Brief: Go through the records that follow and tally the lines with "fault" in them; answer with the number alone.

(Stored data)

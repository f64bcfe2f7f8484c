-- ===== src/Rpc/Process/Outputs.antt =====
-- The answer of an RPC request whose method gives a reader, the output of a program
-- (rupicolarpc/rupicolarpc.go).
use rupicola_go.Base.{
  ℕ, ◌+◌, ◌-◌, ◌≤◌, ◌<◌, Bytes, List, [], ◌∷◌, ◌++◌, take, drop, take-append-drop, length,
  length-append, flatten, flatten-append, true, Option, none, some, ◌≡◌, refl, sym, ap, ◌∙◌, arith,
}
use rupicola_go.Base.Int.{max_int64}
use rupicola_go.Rpc.Value.{Any, text, Reader, Call, set_result, reader, rpc_method}
use rupicola_go.Rpc.Errors.{new_result}
use rupicola_go.Rpc.Limit.{Outcome, ◌or_return◌}
use rupicola_go.Rpc.Base.{Env}
use rupicola_go.Rpc.Plain
use rupicola_go.Rpc.Plain.{Plain}
use rupicola_go.Rpc.Plain.Answers.{close_written}
use rupicola_go.Rpc.Plain.Results.{Holds, Holds-same, copy_chunks-Holds}
use rupicola_go.Rpc.Responser
use rupicola_go.Rpc.Responser.{Responser, plain, transport, copy_chunks, copy_reader}
use rupicola_go.Rpc.Registry.{MethodDef, Processor, find_method}
use rupicola_go.Rpc.Decode.{Body, read_from, is_valid}
use rupicola_go.Rpc.Process.{
  Live, in_time, copy_flushed, forced, process_context, run_calls, call, set_response_result,
}
use rupicola_go.Rpc.Process.Answers.{served}
use rupicola_go.Rpc.Process.Results.{allowed, served-called, limited-plain, closed-plain}
use rupicola_go.Rpc.Process.Refusals.{seen}

module _ (E : Env) (keeps : (s : E.Sink) → E.flush s ≡ s) (out : E.Sink) (id : Option Any) where
  copy_reader-Holds :
      (r : Reader) (room : ℕ) (held : Bytes) (b : Plain E.Sink)
      → Holds out id room held b
      → length (flatten r.chunks) ≤ room
      → (b' : Plain E.Sink) × (copy_reader E r (plain b) ≡ (r.fault, plain b'))
        × Holds out id (room - length (flatten r.chunks)) (held ++ flatten r.chunks) b'
  unfolding copy_reader
  copy_reader-Holds r room held b h fits =
      let (b', e, h') = copy_chunks-Holds E out id r.chunks room held b h fits in
      (b', ap (λ (o : Outcome (Responser E)). o or_return λ s. (r.fault, s)) e, h')

  flush-Holds :
      (room : ℕ) (held : Bytes) (b : Plain E.Sink)
      → Holds out id room held b
      → Holds out id room held (Plain.flush E b)
  unfolding Plain.flush
  flush-Holds room held b h = ground (arith, keeps b.raw)

  flush-plain : (b : Plain E.Sink) → Responser.flush E (plain b) ≡ plain (Plain.flush E b)
  unfolding Responser.flush
  flush-plain b = refl

  flatten-split :
      (n : ℕ) (cs : List Bytes) → flatten (take n cs) ++ flatten (drop n cs) ≡ flatten cs
  flatten-split n cs =
      sym (flatten-append (take n cs) (drop n cs)) ∙ ap flatten (take-append-drop n cs)

  -- However the copy is cut by a forced flush, what is held in the end is the whole output.
  copy_flushed-Holds :
      (at_chunk : Option ℕ) (r : Reader) (room : ℕ) (b : Plain E.Sink)
      → Holds out id room [] b
      → length (flatten r.chunks) ≤ room
      → (left : ℕ) × (b' : Plain E.Sink) × (copy_flushed {E = E} at_chunk r (plain b)
          ≡ (r.fault, plain b'))
        × Holds out id left (flatten r.chunks) b'
  unfolding copy_flushed
  copy_flushed-Holds none r room b h fits =
      let (b', e, h') = copy_reader-Holds r room [] b h fits in (_, b', e, h')
  copy_flushed-Holds (some n) r room b h fits =
      let whole = flatten-split n r.chunks in
      let lengths = length-append (flatten (take n r.chunks)) (flatten (drop n r.chunks)) in
      let sum : length (flatten r.chunks)
          ≡ length (flatten (take n r.chunks)) + length (flatten (drop n r.chunks)) =
        ap length (sym whole) ∙ lengths in
      let (b1, e1, h1) =
        copy_chunks-Holds E out id (take n r.chunks) room [] b h (omega (arith, sum)) in
      let (b2, e2, h2) =
        copy_reader-Holds (record r { chunks = drop n r.chunks }) _ _ (Plain.flush E b1)
          (flush-Holds _ _ b1 h1) (omega (arith, sum)) in
      (
        _,
        b2,
        ap
              (λ (o : Outcome (Responser E)). o or_return λ s.
                copy_reader E (record r { chunks = drop n r.chunks }) (Responser.flush E s))
              e1
            ∙ ap (copy_reader E (record r { chunks = drop n r.chunks })) (flush-plain b1)
            ∙ e2,
        Holds-same E out id _ _ _ _ b2 refl whole h2,
      )

module _ (E : Env) {U : Type 0} (p : Processor U) (body : Body) (u : U) (flush_at : Option ℕ)
    (out : E.Sink) (i : Any) (m : MethodDef U) (read : (read_from body).0 ≡ none)
    (named : (read_from body).1.id ≡ some i) (valid : is_valid (read_from body).1 ≡ true)
    (found : find_method (read_from body).1.method rpc_method p ≡ some m)
    (bounded : m.limits.max_response ≤ max_int64) (keeps : (s : E.Sink) → E.flush s ≡ s) where
  served-reader :
      (r : Reader)
      → m.invoker (seen body u) ≡ set_result (reader r) ∷ []
      → length (flatten r.chunks) ≤ allowed m.limits.max_response
      → (left : ℕ) × (b : Plain E.Sink) × Holds out (some i) left (flatten r.chunks) b
        × ((served E p body u in_time flush_at out).err ≡ r.fault)
        × ((served E p body u in_time flush_at out).responser ≡ plain b)
  unfolding set_response_result run_calls call
  served-reader r calls fits =
      let (f, e, _, _, run) =
        served-called E p body u flush_at out i m read named valid found bounded in
      let (b, k, h) = limited-plain E p body u flush_at out i m read named valid found bounded in
      let same : served E p body u in_time flush_at out ≡ run_calls (set_result (reader r) ∷ []) f =
        run ∙ ap (λ (cs : List Call). run_calls cs f) calls in
      let (left, b', copied, h') =
        copy_flushed-Holds E keeps out (some i) (forced f.mode f.flush_at) r _ b h fits in
      let whole : copy_flushed {E = E} (forced f.mode f.flush_at) r f.responser
          ≡ (r.fault, plain b') =
        ap (copy_flushed {E = E} (forced f.mode f.flush_at) r) (e ∙ k) ∙ copied in
      (
        left,
        b',
        h',
        ap (λ (g : Live E U). g.err) same ∙ ap (λ (o : Outcome (Responser E)). o.0) whole,
        ap (λ (g : Live E U). g.responser) same ∙ ap (λ (o : Outcome (Responser E)). o.1) whole,
      )

  -- A valid request whose method gives a reader in time, which ends with no error and whose whole
  -- output is within the limit of the method, is answered by the one write of the result object
  -- with its id and with the output as its text, whatever chunks it came in and whenever a flush
  -- was forced. A flush adds nothing, and the object has a text no longer than the largest int64.
  pub rpc_output :
      (r : Reader) (line : Bytes) {o : Outcome (Responser E)}
      → process_context p body rpc_method u in_time flush_at out ≡ some o
      → m.invoker (seen body u) ≡ set_result (reader r) ∷ []
      → r.fault ≡ none
      → length (flatten r.chunks) ≤ allowed m.limits.max_response
      → E.marshal (new_result (text (flatten r.chunks)) (some i)) ≡ some line
      → 0 < length line
      → length line ≤ max_int64
      → transport E o.1 ≡ (E.write line out).sink
  rpc_output r line run calls clean fits marshalled full short =
      let (left, b, h, e, k) = served-reader r calls fits in
      closed-plain E p body u flush_at out i m read named valid found bounded b run (e ∙ clean) k
      ∙ close_written E b out i line h.pending h.unset
          (ap (λ (t : Bytes). E.marshal (new_result (text t) (some i))) h.held ∙ marshalled) full
          short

Written response: 6